== Work to complete ==
Write out exactly the lines below that run from the one containing "fail count null_array ret" through the one containing "abbrev pub slice : ℕ → ℕ → ℕ → ℕ", both included, with no other lines.
**** Records for the task ****
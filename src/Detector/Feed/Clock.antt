-- ===== src/Detector/Feed/Clock.antt =====
-- burst_detect.c: the counts of samples and the ring buffer, which a frame only reads.
use iridium_sniffer.Base.{
  List, [], ◌∷◌, Bool, true, false, ◌&&◌, ◌||◌, ◌==◌, ◌+◌, length, ltb, leb, get_or, Bool-cases,
  inl, inr, ◌≡◌, refl, ◌∙◌,
}
use iridium_sniffer.Base.Int.{pos}
use iridium_sniffer.Base.Doubles.{Doubles}
use iridium_sniffer.Detector.{Settings, Detector, Peak, Sample}
use iridium_sniffer.Detector.Sweep.{flagged, sweep-once}
use iridium_sniffer.Detector.Noise.{update_filters_pre, update_filters_post}
use iridium_sniffer.Detector.Track.{
  update_bursts, remove_peaks_around_bursts, extract_peaks, delete_gone_bursts, update_burst_mask,
  gone_rule, create_new_bursts, create_from_peak, create_from_peaks, squelch,
}
use iridium_sniffer.Detector.Feed.{detect, process_fft_frame}

module _ (F : Doubles) (c : Settings F) where
  open F use {of_int, eq}

  pub record IsSameClock (d d' : Detector F) : Type 0 where
    pub index : d'.index ≡ d.index
    pub sample_count : d'.sample_count ≡ d.sample_count
    pub ringbuf : d'.ringbuf ≡ d.ringbuf

  abbrev same : (d : Detector F) → IsSameClock d d
  same d = record { index = refl; sample_count = refl; ringbuf = refl }

  abbrev then_same : {a b d : Detector F} → IsSameClock a b → IsSameClock b d → IsSameClock a d
  then_same s t = record {
    index = t.index ∙ s.index;
    sample_count = t.sample_count ∙ s.sample_count;
    ringbuf = t.ringbuf ∙ s.ringbuf;
  }

  post_clock : (d : Detector F) (force : Bool) → IsSameClock d (update_filters_post F c d force)
  unfolding update_filters_post
  post_clock d force = elim (Bool-cases ((length d.bursts == 0) || force)) [
    | inl e ↦ rw (e) (record { index = refl; sample_count = refl; ringbuf = refl })
    | inr e ↦ rw (e) (same d)
  ]

  delete_clock : (d : Detector F) → IsSameClock d (delete_gone_bursts F c d)
  unfolding delete_gone_bursts
  delete_clock d = elim (Bool-cases (flagged (gone_rule F c d.index) d.bursts)) [
    | inl e ↦
        rw (sweep-once (gone_rule F c d.index) d.bursts d.gone_bursts, e)
          (then_same (record { index = refl; sample_count = refl; ringbuf = refl })
            (post_clock _ true))
    | inr e ↦
        rw (sweep-once (gone_rule F c d.index) d.bursts d.gone_bursts, e)
          (record { index = refl; sample_count = refl; ringbuf = refl })
  ]

  from_peak_clock : (d : Detector F) (p : Peak F) → IsSameClock d (create_from_peak F c d p)
  unfolding create_from_peak
  from_peak_clock d p =
      elim (Bool-cases (eq (get_or d.burst_mask p.bin (of_int (pos 0))) (of_int (pos 0)))) [
        | inl e ↦ rw (e) (same d)
        | inr e ↦ rw (e) (record { index = refl; sample_count = refl; ringbuf = refl })
      ]

  from_peaks_clock :
      (peaks : List (Peak F)) (d : Detector F) → IsSameClock d (create_from_peaks F c d peaks)
  unfolding create_from_peaks
  from_peaks_clock [] d = same d
  from_peaks_clock (p ∷ peaks) d =
      then_same (from_peak_clock d p) (from_peaks_clock peaks (create_from_peak F c d p))

  squelch_clock : (d : Detector F) → IsSameClock d (squelch F c d)
  unfolding squelch update_burst_mask
  squelch_clock d = elim (Bool-cases (leb 10 (d.squelch_count + 3))) [
    | inl e ↦ rw (e) (record { index = refl; sample_count = refl; ringbuf = refl })
    | inr e ↦ rw (e) (record { index = refl; sample_count = refl; ringbuf = refl })
  ]

  create_clock : (d : Detector F) → IsSameClock d (create_new_bursts F c d)
  unfolding create_new_bursts
  create_clock d =
      let first = record d { new_bursts = [] } in
      let d' = create_from_peaks F c first d.peaks in
      let s =
        then_same {b = first} (record { index = refl; sample_count = refl; ringbuf = refl })
          (from_peaks_clock d.peaks first) in
      elim (Bool-cases (ltb 0 c.max_bursts && ltb c.max_bursts (length d'.bursts))) [
        | inl e ↦ rw (e) (then_same s (squelch_clock d'))
        | inr e ↦
            rw (e) (record { index = s.index; sample_count = s.sample_count; ringbuf = s.ringbuf })
      ]

  module _ (qsort : List (Peak F) → List (Peak F)) where
    before_clock :
        (d : Detector F)
        → IsSameClock d
            (extract_peaks F qsort c (remove_peaks_around_bursts F (update_bursts F c d)))
    unfolding extract_peaks remove_peaks_around_bursts update_bursts
    before_clock d = record { index = refl; sample_count = refl; ringbuf = refl }

    mask_clock : (d : Detector F) → IsSameClock d (update_burst_mask F c d)
    unfolding update_burst_mask
    mask_clock d = record { index = refl; sample_count = refl; ringbuf = refl }

    detect_clock : (d : Detector F) → IsSameClock d (detect F qsort c d)
    unfolding detect
    detect_clock d =
        then_same (before_clock d)
          (then_same (delete_clock _) (then_same (mask_clock _) (create_clock _)))

    pub process_fft_frame-IsSameClock :
        (fft : List (Sample F) → List (Sample F)) (d : Detector F) (samples : List (Sample F))
        → IsSameClock d (process_fft_frame F qsort fft c d samples)
    unfolding process_fft_frame update_filters_pre
    process_fft_frame-IsSameClock fft d samples = elim (Bool-cases d.history_primed) [
      | inl e ↦ rw (e) (
          then_same (record { index = refl; sample_count = refl; ringbuf = refl })
            (then_same (detect_clock _) (post_clock _ false)))
      | inr e ↦ rw (e) (
          then_same (record { index = refl; sample_count = refl; ringbuf = refl })
            (post_clock _ false))
    ]
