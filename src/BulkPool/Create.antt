-- ===== src/BulkPool/Create.antt =====
-- src/margo-bulk-pool.c: `margo_bulk_pool_create`, with its clean-up on the way out.
use mochi_margo.Base.{
  ℕ, zero, suc, ◌/◌, Bool, ◌&&◌, not, Option, none, some, List, [], ◌∷◌, ltb, ◌==◌, if◌then◌else◌,
  replicate, u64_max, add_u64, mul_u64, null,
}
use mochi_margo.Mercury.{HgReturn, success, nomem_error, invalid_arg, other_error, is_success}
use mochi_margo.BulkPool.Defs.{Pool}

-- What the calls of `margo_bulk_pool_create` return: `malloc`, `posix_memalign`, `calloc`,
-- `margo_bulk_create` (its number, address, size and flag), `ABT_mutex_create`, `ABT_cond_create`.
pub record Calls : Type 0 where
  pub malloc_pool : Bool
  pub memalign : Option ℕ
  pub calloc_bulks : Bool
  pub bulk_create : ℕ → ℕ → ℕ → ℕ → HgReturn × ℕ
  pub mutex_create : Bool
  pub cond_create : Bool

-- `freed` are the handles given to `margo_bulk_free` on the way out.
pub record Created : Type 0 where
  pub ret : HgReturn
  pub pool : Option Pool
  pub freed : List ℕ

-- The field `bulks` of the struct that `malloc` returned: not set yet, a null pointer, an array.
pub data Field : Type 0 where
  unset null_array : Field
  array : List ℕ → Field

-- `count != 0 && size > SIZE_MAX / count`
unfoldable pub overflows : ℕ → ℕ → Bool
overflows count size = not (count == 0) && ltb (u64_max / count) size

-- The loop that frees up to the first null entry; the first argument is what is left of `count`.
unfoldable pub free_created : ℕ → List ℕ → List ℕ
free_created zero bulks = []
free_created (suc n) [] = []
free_created (suc n) (b ∷ bulks) = if b == null then [] else b ∷ free_created n bulks

-- The label `err`, where `p` is not null. To read a field that is not set is a fault.
unfoldable pub fail : ℕ → Field → HgReturn → Option Created
unfolding free_created
fail count unset ret = none
fail count null_array ret = some (record { ret = ret; pool = none; freed = [] })
fail count (array bulks) ret =
    some (record { ret = ret; pool = none; freed = free_created count bulks })

-- `bulk_buf`, the i-th slice of the buffer.
abbrev pub slice : ℕ → ℕ → ℕ → ℕ
slice buf size i = add_u64 buf (mul_u64 i size)

-- The loop over `margo_bulk_create`, from i on for n rounds, and the entries of the zeroed array
-- from i on when it stops.
unfoldable pub create_bulks :
    (ℕ → ℕ → ℕ → ℕ → HgReturn × ℕ) → (buf size flag n i : ℕ) → HgReturn × List ℕ
create_bulks bulk_create buf size flag zero i = (success, [])
create_bulks bulk_create buf size flag (suc n) i =
    let (ret, bulk) = bulk_create i (slice buf size i) size flag in
    let (last, bulks) = create_bulks bulk_create buf size flag n (suc i) in
    if is_success ret then (last, bulk ∷ bulks) else (ret, null ∷ replicate n null)

-- From the end of the loop on.
unfoldable pub finish_create :
    Calls → (buf size count flag : ℕ) → HgReturn × List ℕ → Option Created
unfolding fail
finish_create calls buf size count flag (ret, bulks) =
    if not (is_success ret)
    then fail count (array bulks) ret
    else if not calls.mutex_create
    then fail count (array bulks) other_error
    else if not calls.cond_create
    then fail count (array bulks) other_error
    else some (record {
      ret = success;
      pool = some (record {
        buf = buf;
        bulks = bulks;
        count = count;
        size = size;
        num_free = count;
        flag = flag;
      });
      freed = [];
    })

-- `margo_bulk_pool_create`
unfoldable pub pool_create : Calls → (count size flag : ℕ) → Option Created
unfolding overflows fail create_bulks finish_create
pool_create calls count size flag =
    if overflows count size
    then some (record { ret = invalid_arg; pool = none; freed = [] })
    else if not calls.malloc_pool
    then some (record { ret = nomem_error; pool = none; freed = [] })
    else elim calls.memalign [
      | none ↦ fail count unset nomem_error
      | some buf ↦
          if not calls.calloc_bulks
          then fail count null_array nomem_error
          else finish_create calls buf size count flag
              (create_bulks calls.bulk_create buf size flag count 0)
    ]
****
== Exercise response ==
fail count null_array ret = some (record { ret = ret; pool = none; freed = [] })
fail count (array bulks) ret =
    some (record { ret = ret; pool = none; freed = free_created count bulks })

-- `bulk_buf`, the i-th slice of the buffer.
abbrev pub slice : ℕ → ℕ → ℕ → ℕ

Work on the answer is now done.